My friend and I were discussing this the other day. She has more time to ride over the summer and would love something to hack gently now my horse she rides is getting older. We were wondering if loaning a hunter would be of any benefit to the owner to keep the horse gently ticking over during the summer. My horses live out so it would spend the majority of time in the field with a few gentle hacks each week. 
Does anyone think this would be worth pursuing?


----------



## georgie0 (22 May 2016)

At work ours are out for the summer and will be bought back into work end of July/start of August as they don't need to be fit until opening meet.  They only hunt though, it is a very traditional yard.


----------



## JenHunt (25 May 2016)

Our two only got one day this season (for all sorts of reasons, none of which related to their fitness/soundness) so they've been kept in moderate work. At 22 they are best kept active, and Tom in particular soon loses his fitness and muscle tone when he's off.... 
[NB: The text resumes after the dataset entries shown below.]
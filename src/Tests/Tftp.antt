-- ===== src/Tests/Tftp.antt =====
-- The TFTP transfers of main/ota-tftp.c on concrete datagrams.
use blackmagic_espidf.Base.{
  ℕ, ◌≡◌, refl, true, none, some, List, [], ◌∷◌, ◌++◌, length, replicate, arith,
}
use blackmagic_espidf.Base.Text.{codes}
use blackmagic_espidf.Tftp.Packet.{Netbuf, err_ok, err_timeout, rrq_packet}
use blackmagic_espidf.Tftp.Receive.{
  Recv, datagram, timeout, Action, returned, World, State, dispatch, on_datagram, accept_chunks,
  connections, write_chunks, acked, round, receive_loop, receive_data,
}
use blackmagic_espidf.Tftp.Rounds.{IsHealthy, IsData, written}
use blackmagic_espidf.Tftp.Transfer.{Transfer, last, more, again, late, receive_data-completes}
use blackmagic_espidf.Tftp.Limits.{receive_data-counts}
use blackmagic_espidf.Tftp.Silence.{receive_loop-gives_up}

-- `firm`, `octet`, cut into two segments.
abbrev request : Netbuf
request = (0 ∷ 2 ∷ codes "fi") ∷ (codes "rm" ++ 0 ∷ (codes "octet" ++ 0 ∷ [])) ∷ []

abbrev unended : Netbuf
unended = (0 ∷ 2 ∷ codes "firm") ∷ (0 ∷ codes "oct") ∷ []

abbrev wanted : Netbuf
wanted = rrq_packet (codes "a.bin") ∷ []

abbrev world : World
world = record { junk = 0; send_result = λ _. err_ok; write_result = λ _ _. true; callback = true }

world-IsHealthy : IsHealthy world
world-IsHealthy = record { sends = λ p. refl; writes = λ n chunk. refl }

-- A file of 513 bytes, in two blocks: the first comes twice, and there is a timeout.
abbrev front : List ℕ
front = replicate 512 5

abbrev block1 : List ℕ
block1 = 0 ∷ 3 ∷ 0 ∷ 1 ∷ front

abbrev block2 : List ℕ
block2 = 0 ∷ 3 ∷ 0 ∷ 2 ∷ []

block1-IsData : IsData 1 front block1 []
block1-IsData = record { small = omega arith; header = omega arith; content = refl }

-- The second block comes in two segments.
block2-IsData : IsData 2 (6 ∷ []) block2 ((6 ∷ []) ∷ [])
block2-IsData = record { small = omega arith; header = omega arith; content = refl }

abbrev events : List Recv
events =
    datagram 1 (block1 ∷ [])
    ∷ datagram 1 (block1 ∷ [])
    ∷ timeout
    ∷ datagram 1 (block2 ∷ (6 ∷ []) ∷ [])
    ∷ timeout
    ∷ []

transfer : Transfer (timeout ∷ []) 1 10 (front ++ 6 ∷ []) events
transfer = more 1 block1 [] front (6 ∷ []) refl block1-IsData refl (
    again 1 block1 [] front (omega arith) block1-IsData (
      late (omega arith) (omega arith) (last 1 block2 ((6 ∷ []) ∷ []) block2-IsData (omega arith))))

receive_data-completes_example :
    (acts : List Action) × (receive_data world (some 9) events
      ≡ (acts, returned err_ok (length (front ++ 6 ∷ [])) (timeout ∷ [])))
    × (written acts ≡ front ++ 6 ∷ [])
receive_data-completes_example = receive_data-completes world (some 9) world-IsHealthy transfer

abbrev small : List Recv
small = datagram 1 ((0 ∷ 3 ∷ 0 ∷ 1 ∷ []) ∷ (6 ∷ 7 ∷ []) ∷ []) ∷ []

receive_data-counts_example : 2 ≡ length (written (receive_data world none small).0)
unfolding receive_data receive_loop round dispatch on_datagram accept_chunks connections
    write_chunks acked
receive_data-counts_example =
    receive_data-counts world none small [] (receive_data world none small).0 2 refl

abbrev stalled : State
stalled = record { received_len = 512; block = 2; retries = 3; peer = none }

receive_loop-gives_up_example :
    (acts : List Action) × (receive_loop world stalled (replicate 4 timeout ++ small)
      ≡ (acts, returned err_timeout 512 small))
    × (written acts ≡ [])
receive_loop-gives_up_example = receive_loop-gives_up world stalled small
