-- ===== src/Tftp/Field.antt =====
-- `tftp_get_field` of main/ota-tftp.c: the texts in a request.
use blackmagic_espidf.Base.{
  ℕ, zero, suc, ◌+◌, ◌≡◌, ◌≢◌, refl, ◌∙◌, ap, Option, none, some, List, [], ◌∷◌, ◌++◌, length, take,
  drop, ◌==◌, if◌then◌else◌, arith,
}
use blackmagic_espidf.Base.Int.{ℤ, pos, negsuc, pred_ℤ, is_zero}
use blackmagic_espidf.Tftp.Packet.{Netbuf, bytes, read_u16_n, op_rrq, rrq_packet, octet_mode}

-- The loop, over the bytes from `offs` on: `field`, `field_offs` and `field_len` when it ends.
unfoldable pub field_loop : ℤ → ℕ → ℕ → ℕ → List ℕ → ℤ × ℕ × ℕ
field_loop (negsuc n) offs field_offs field_len cs = (negsuc n, field_offs, field_len)
field_loop (pos n) offs field_offs field_len [] = (pos n, field_offs, field_len)
field_loop (pos n) offs field_offs field_len (c ∷ cs) =
    let field : ℤ = if c == 0 then pred_ℤ (pos n) else pos n in
    field_loop field (offs + 1)
      (if c == 0 then (if is_zero field then offs + 1 else field_offs) else field_offs)
      (if n == 0 then field_len + 1 else field_len) cs

abbrev cut_field : List ℕ → ℤ × ℕ × ℕ → Option (List ℕ)
cut_field cs (pos n, field_offs, field_len) = none
cut_field cs (negsuc zero, field_offs, field_len) = some (take field_len (drop field_offs cs))
cut_field cs (negsuc (suc n), field_offs, field_len) = none

-- The field with its zero, or `none` for the null pointer.
unfoldable pub get_field : ℕ → Netbuf → Option (List ℕ)
get_field field b = cut_field (bytes b) (field_loop (pos field) 2 2 0 (drop 2 (bytes b)))

abbrev NoZero : List ℕ → Type 0
NoZero [] = Unit
NoZero (c ∷ cs) = (c ≢ 0) × NoZero cs

skip_char :
    (n c offs fo fl : ℕ) (cs : List ℕ)
    → c ≢ 0
    → field_loop (pos (suc n)) offs fo fl (c ∷ cs) ≡ field_loop (pos (suc n)) (offs + 1) fo fl cs
unfolding field_loop
skip_char n c offs fo fl cs h = ground arith

measure_char :
    (c offs fo fl : ℕ) (cs : List ℕ)
    → c ≢ 0
    → field_loop (pos 0) offs fo fl (c ∷ cs) ≡ field_loop (pos 0) (offs + 1) fo (fl + 1) cs
unfolding field_loop
measure_char c offs fo fl cs h = ground arith

-- A field in front of the one that is asked for is skipped.
skip-field :
    (n : ℕ) (name : List ℕ) (offs fo fl : ℕ) (cs : List ℕ)
    → NoZero name
    → field_loop (pos (suc n)) offs fo fl (name ++ 0 ∷ cs)
      ≡ field_loop
          (pos n)
          (offs + (length name + 1))
          (if n == 0 then offs + (length name + 1) else fo)
          fl
          cs
unfolding field_loop
skip-field n [] offs fo fl cs h = ground arith
skip-field n (c ∷ name) offs fo fl cs h =
    let e : offs + 1 + (length name + 1) ≡ offs + (suc (length name) + 1) = omega arith in
    skip_char n c offs fo fl (name ++ 0 ∷ cs) h.0
    ∙ skip-field n name (offs + 1) fo fl cs h.1
    ∙ ap (λ k. field_loop (pos n) k (if n == 0 then k else fo) fl cs) e

-- The field that is asked for is measured, with its zero.
measure-field :
    (name : List ℕ) (offs fo fl : ℕ) (cs : List ℕ)
    → NoZero name
    → field_loop (pos 0) offs fo fl (name ++ 0 ∷ cs) ≡ (negsuc 0, fo, fl + (length name + 1))
unfolding field_loop
measure-field [] offs fo fl [] h = ground arith
measure-field [] offs fo fl (c ∷ cs) h = ground arith
measure-field (c ∷ name) offs fo fl cs h =
    let e : fl + 1 + (length name + 1) ≡ fl + (suc (length name) + 1) = omega arith in
    measure_char c offs fo fl (name ++ 0 ∷ cs) h.0
    ∙ measure-field name (offs + 1) fo (fl + 1) cs h.1
    ∙ ap (λ k. (negsuc 0, fo, k)) e

take-field :
    (name : List ℕ) (cs : List ℕ) → take (length name + 1) (name ++ 0 ∷ cs) ≡ name ++ 0 ∷ []
take-field [] cs = refl
take-field (c ∷ name) cs =
    let e : suc (length name) + 1 ≡ suc (length name + 1) = omega arith in
    rw e (ap (λ l. c ∷ l) (take-field name cs))

drop-field : (name : List ℕ) (cs : List ℕ) → drop (length name + 1) (name ++ 0 ∷ cs) ≡ cs
drop-field [] cs = refl
drop-field (c ∷ name) cs =
    let e : suc (length name) + 1 ≡ suc (length name + 1) = omega arith in rw e (drop-field name cs)

-- In a request of an opcode and two texts, field 0 is the first text and field 1 the second, each
-- with its zero, however the datagram is cut into segments.
pub get_field-request :
    (b : Netbuf) (o1 o2 : ℕ) (name mode rest : List ℕ)
    → bytes b ≡ o1 ∷ o2 ∷ (name ++ 0 ∷ (mode ++ 0 ∷ rest))
    → NoZero name
    → NoZero mode
    → (get_field 0 b ≡ some (name ++ 0 ∷ [])) × (get_field 1 b ≡ some (mode ++ 0 ∷ []))
unfolding get_field
get_field-request b o1 o2 name mode rest e hn hm =
    let tail : List ℕ = name ++ 0 ∷ (mode ++ 0 ∷ rest) in
    let n1 : ℕ = length name + 1 in
    let two : 2 + n1 ≡ suc (suc n1) = omega arith in
    let zero_add : (k : ℕ) → 0 + k ≡ k = λ k. omega arith in
    (
      rw (e, measure-field name 2 2 0 (mode ++ 0 ∷ rest) hn, zero_add)
          (ap some (take-field name (mode ++ 0 ∷ rest))),
      rw
          (
            e,
            skip-field 0 name 2 2 0 (mode ++ 0 ∷ rest) hn,
            measure-field mode (2 + n1) (2 + n1) 0 rest hm,
            zero_add,
            two,
          )
          (ap some (
            ap (take (length mode + 1)) (drop-field name (mode ++ 0 ∷ rest))
            ∙ take-field mode rest)),
    )

unended :
    (n : ℕ) (name : List ℕ) (offs fo fl : ℕ) (all : List ℕ)
    → NoZero name
    → cut_field all (field_loop (pos n) offs fo fl name) ≡ none
unended n [] offs fo fl all h = unfold field_loop in refl
unended zero (c ∷ name) offs fo fl all h =
    ap (cut_field all) (measure_char c offs fo fl name h.0)
    ∙ unended 0 name (offs + 1) fo (fl + 1) all h.1
unended (suc n) (c ∷ name) offs fo fl all h =
    ap (cut_field all) (skip_char n c offs fo fl name h.0)
    ∙ unended (suc n) name (offs + 1) fo fl all h.1

-- What is not terminated is no field: a datagram whose bytes behind the opcode hold no zero has no
-- field 0, and one with a single text no field 1.
pub get_field-unterminated :
    (b b' : Netbuf) (o1 o2 : ℕ) (name mode : List ℕ)
    → NoZero name
    → NoZero mode
    → bytes b ≡ o1 ∷ o2 ∷ name
    → bytes b' ≡ o1 ∷ o2 ∷ (name ++ 0 ∷ mode)
    → (get_field 0 b ≡ none) × (get_field 1 b' ≡ none)
unfolding get_field
get_field-unterminated b b' o1 o2 name mode hn hm e e' = (
  rw e (unended 0 name 2 2 0 (o1 ∷ o2 ∷ name) hn),
  rw (e', skip-field 0 name 2 2 0 mode hn)
      (unended 0 mode (2 + (length name + 1)) (2 + (length name + 1)) 0
        (o1 ∷ o2 ∷ (name ++ 0 ∷ mode)) hm),
)

-- The request that `tftp_send_rrq` sends reads back as a read request for the file in octet mode.
pub rrq_packet-fields :
    (b : Netbuf) (filename : List ℕ) (junk : ℕ)
    → bytes b ≡ rrq_packet filename
    → NoZero filename
    → (read_u16_n junk b 0 ≡ op_rrq)
      × (get_field 0 b ≡ some (filename ++ 0 ∷ []))
      × (get_field 1 b ≡ some (octet_mode ++ 0 ∷ []))
rrq_packet-fields b filename junk e h =
    let (name, mode) = get_field-request b 0 1 filename octet_mode [] e h (omega arith) in
    (rw e, name, mode)
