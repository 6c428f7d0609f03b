-- ===== src/Tftp/Server.antt =====
-- `tftp_task` and `ota_tftp_download` of main/ota-tftp.c: the rounds of the server, and the client.
use blackmagic_espidf.Base.{
  ℕ, zero, suc, ◌+◌, ◌%◌, ◌^◌, Bool, true, false, not, ◌||◌, Option, none, some, List, [], ◌∷◌,
  ◌++◌, map, ltb, ◌==◌, if◌then◌else◌,
}
use blackmagic_espidf.Base.Text.{codes, str_eq}
use blackmagic_espidf.Tftp.Packet.{
  ErrT, err_ok, err_timeout, err_val, err_if, err_use, err, Netbuf, netbuf_len, read_u16_n, op_wrq,
  err_file_not_found, err_illegal, firmware_file, octet_mode, ack_packet, error_packet, rrq_packet,
}
use blackmagic_espidf.Tftp.Field.{get_field}
use blackmagic_espidf.Tftp.Receive.{
  Recv, datagram, timeout, failed, Action, send, netbuf_delete, connect, disconnect, Outcome,
  returned, pending, undefined, World, receive_data,
}

pub data Effect : Type 0 where
  net : Action → Effect
  set_recvtimeout : ℕ → Effect
  -- `ota_tftp_init` of the server: nobody reads its result.
  ota_init : Effect
  set_boot_partition : Effect
  restart : Effect
  netconn_delete : Effect

-- Where a round of `tftp_task` ends.
pub data After : Type 0 where
  listening : List Recv → After
  restarted : After
  -- As for `tftp_receive_data`.
  waiting : After
  overrun : After

-- `field && !strcmp(field, text)`.
unfoldable pub is_text : Option (List ℕ) → List ℕ → Bool
is_text none text = false
is_text (some field) text = str_eq field text

abbrev pub is_ok : ErrT → Bool
is_ok err_ok = true
is_ok err_timeout = false
is_ok err_val = false
is_ok err_if = false
is_ok err_use = false
is_ok (err n) = false

-- From the return of `tftp_receive_data`. `boots` says whether `esp_ota_set_boot_partition`
-- succeeds.
unfoldable pub finish : Bool → List Action × Outcome → List Effect × After
finish boots (acts, returned e n rest) =
    let done : List Effect = map net acts ++ net disconnect ∷ [] in
    if is_ok e
    then (if boots
        then (done ++ set_boot_partition ∷ restart ∷ [], restarted)
        else (done ++ set_boot_partition ∷ [], listening rest))
    else (done, listening rest)
finish boots (acts, pending) = (map net acts, waiting)
finish boots (acts, undefined) = (map net acts, overrun)

abbrev pub then_effects : List Effect → List Effect × After → List Effect × After
then_effects es (es', a) = (es ++ es', a)

-- The request is accepted: the connection to its sender, and the transfer.
unfoldable pub start_transfer : World → Bool → (from : ℕ) → List Recv → List Effect × After
start_transfer w boots from rs =
    let begin : List Effect =
      net (connect from) ∷ net netbuf_delete ∷ net (send (ack_packet 0)) ∷ [] in
    (if is_ok (w.send_result (ack_packet 0))
      then then_effects (begin ++ ota_init ∷ set_recvtimeout 10000 ∷ [])
          (finish boots (receive_data w none rs))
      else (begin ++ net disconnect ∷ [], listening rs))

-- The answer to a request that is refused for its file or its mode.
abbrev refuse : ℕ → List ℕ → List Effect
refuse code msg = net (send (error_packet code msg)) ∷ net netbuf_delete ∷ []

unfoldable pub on_request : World → Bool → (from : ℕ) → Netbuf → List Recv → List Effect × After
on_request w boots from b rs =
    if ltb (netbuf_len b % 2 ^ 16) 6
    then (net netbuf_delete ∷ [], listening rs)
    else if not (read_u16_n w.junk b 0 == op_wrq)
    then (net netbuf_delete ∷ [], listening rs)
    else if not (is_text (get_field 0 b) firmware_file)
    then (refuse err_file_not_found (codes "File must be firmware.bin"), listening rs)
    else if not (is_text (get_field 1 b) octet_mode)
    then (refuse err_illegal (codes "Mode must be octet/binary"), listening rs)
    else start_transfer w boots from rs

-- One round of the loop of `tftp_task`.
unfoldable pub serve : World → Bool → List Recv → List Effect × After
serve w boots [] = (set_recvtimeout 0 ∷ [], waiting)
serve w boots (datagram from b ∷ rs) =
    then_effects (set_recvtimeout 0 ∷ []) (on_request w boots from b rs)
serve w boots (timeout ∷ rs) = (set_recvtimeout 0 ∷ [], listening rs)
serve w boots (failed e ∷ rs) = (set_recvtimeout 0 ∷ [], listening rs)

-- `netconn_bind` from `port` on, up to ten ports further: `bind` gives what it returns for a port.
-- The first argument is how many ports are left.
unfoldable pub bind_from : (ℕ → ErrT) → ℕ → ℕ → ErrT
bind_from bind zero port = bind port
bind_from bind (suc left) port =
    let rest = bind_from bind left (port + 1) in elim (bind port) [ err_use ↦ rest | e ↦ e ]

-- The partition table and the flash: the boot, the running and the next update partition, and
-- whether `esp_ota_begin` succeeds.
pub record Partitions : Type 0 where
  pub configured_part : Option ℕ
  pub running_part : Option ℕ
  pub update_part : Option ℕ
  pub begins : Bool

abbrev is_null : Option ℕ → Bool
is_null none = true
is_null (some part) = false

unfoldable pub ota_tftp_init : Partitions → ErrT
ota_tftp_init p =
    if is_null p.configured_part || is_null p.running_part
    then err_val
    else if is_null p.update_part
    then err_val
    else if p.begins
    then err_ok
    else err_val

-- What `ota_tftp_download` asks of the system: the partitions, the socket, the ports and the
-- server's address.
pub record System : Type 0 where
  pub partitions : Partitions
  pub has_socket : Bool
  pub bind : ℕ → ErrT
  pub host : ErrT × ℕ

pub data Download : Type 0 where
  download_returned : ErrT → List Effect → Download
  download_pending : List Effect → Download
  download_undefined : List Effect → Download

abbrev pub ending : List Effect → List Action × Outcome → Download
ending before (acts, returned e n rest) =
    download_returned e (before ++ map net acts ++ netconn_delete ∷ [])
ending before (acts, pending) = download_pending (before ++ map net acts)
ending before (acts, undefined) = download_undefined (before ++ map net acts)

-- From the result of `tftp_send_rrq`.
unfoldable pub requested : World → (addr : ℕ) → List Effect → List Recv → ErrT → Download
requested w addr before rs e =
    if is_ok e
    then ending before (receive_data w (some addr) rs)
    else download_returned e (before ++ netconn_delete ∷ [])

-- From the result of `netconn_gethostbyname`.
unfoldable pub resolved : World → List ℕ → List Effect → List Recv → ErrT × ℕ → Download
unfolding requested
resolved w filename before rs (e, addr) =
    if is_ok e
    then requested w addr (before ++ net (connect addr) ∷ net (send (rrq_packet filename)) ∷ []) rs
        (w.send_result (rrq_packet filename))
    else download_returned e (before ++ netconn_delete ∷ [])

-- The negative results of `ota_tftp_init` are all but ERR_OK.
unfoldable pub ota_tftp_download :
    World → System → (wait : ℕ) → (port : ℕ) → List ℕ → List Recv → Download
unfolding ota_tftp_init resolved
ota_tftp_download w s wait port filename rs =
    let e : ErrT = bind_from s.bind 10 port in
    let before : List Effect = set_recvtimeout wait ∷ [] in
    if not (is_ok (ota_tftp_init s.partitions))
    then download_returned err_val []
    else if not s.has_socket
    then download_returned err_if []
    else if is_ok e
    then resolved w filename before rs s.host
    else download_returned e (before ++ netconn_delete ∷ [])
They will just be hacking, some light schooling and I might do some pleasure rides, hunter trials etc if time money and transport allow.... I always used to event them to make sure we ironed out any issues from the hunting season, and improved their way of going etc, but now the expense outweighs the benefits to two old boys!


----------



## Goldenstar (25 May 2016)

Ours did full seasons .
Tatts has just started gentle work this week , Fatty will start next week .
H was kept up after hunting but is having a break now as he damaged himself the night C got hurt in the field , they where together .
J will start gently next week his feet are not great this year so we will have to suck and see with him.


----------



## Christmas Crumpet (26 May 2016)

Mine is still on holiday and will be until sometime in July. He too has pretty rubbish feet so I'm trying to give them a bit of a break. He's had his shoes off since end April.


----------



## Goldenstar (27 May 2016)

carolineb said:



			Mine is still on holiday and will be until sometime in July. He too has pretty rubbish feet so I'm trying to give them a bit of a break. He's had his shoes off since end April.
		
Click to expand...

Mine will be in work without shoes until September


----------



## frostyfingers (27 May 2016)

Unfortunately it's me who has to be turned away for a while this summer!  I've hurt my knee and am 2 weeks into 6 weeks off which is incredibly frustrating.  However I'm lucky enough to have someone who will keep horse ticking over and is going to do some of the "eventing" stuff I'd planned so hopefully he won't get too fat and unfit in the meantime.  I keep telling myself I'm lucky it's not in the middle of the hunting season.....


----------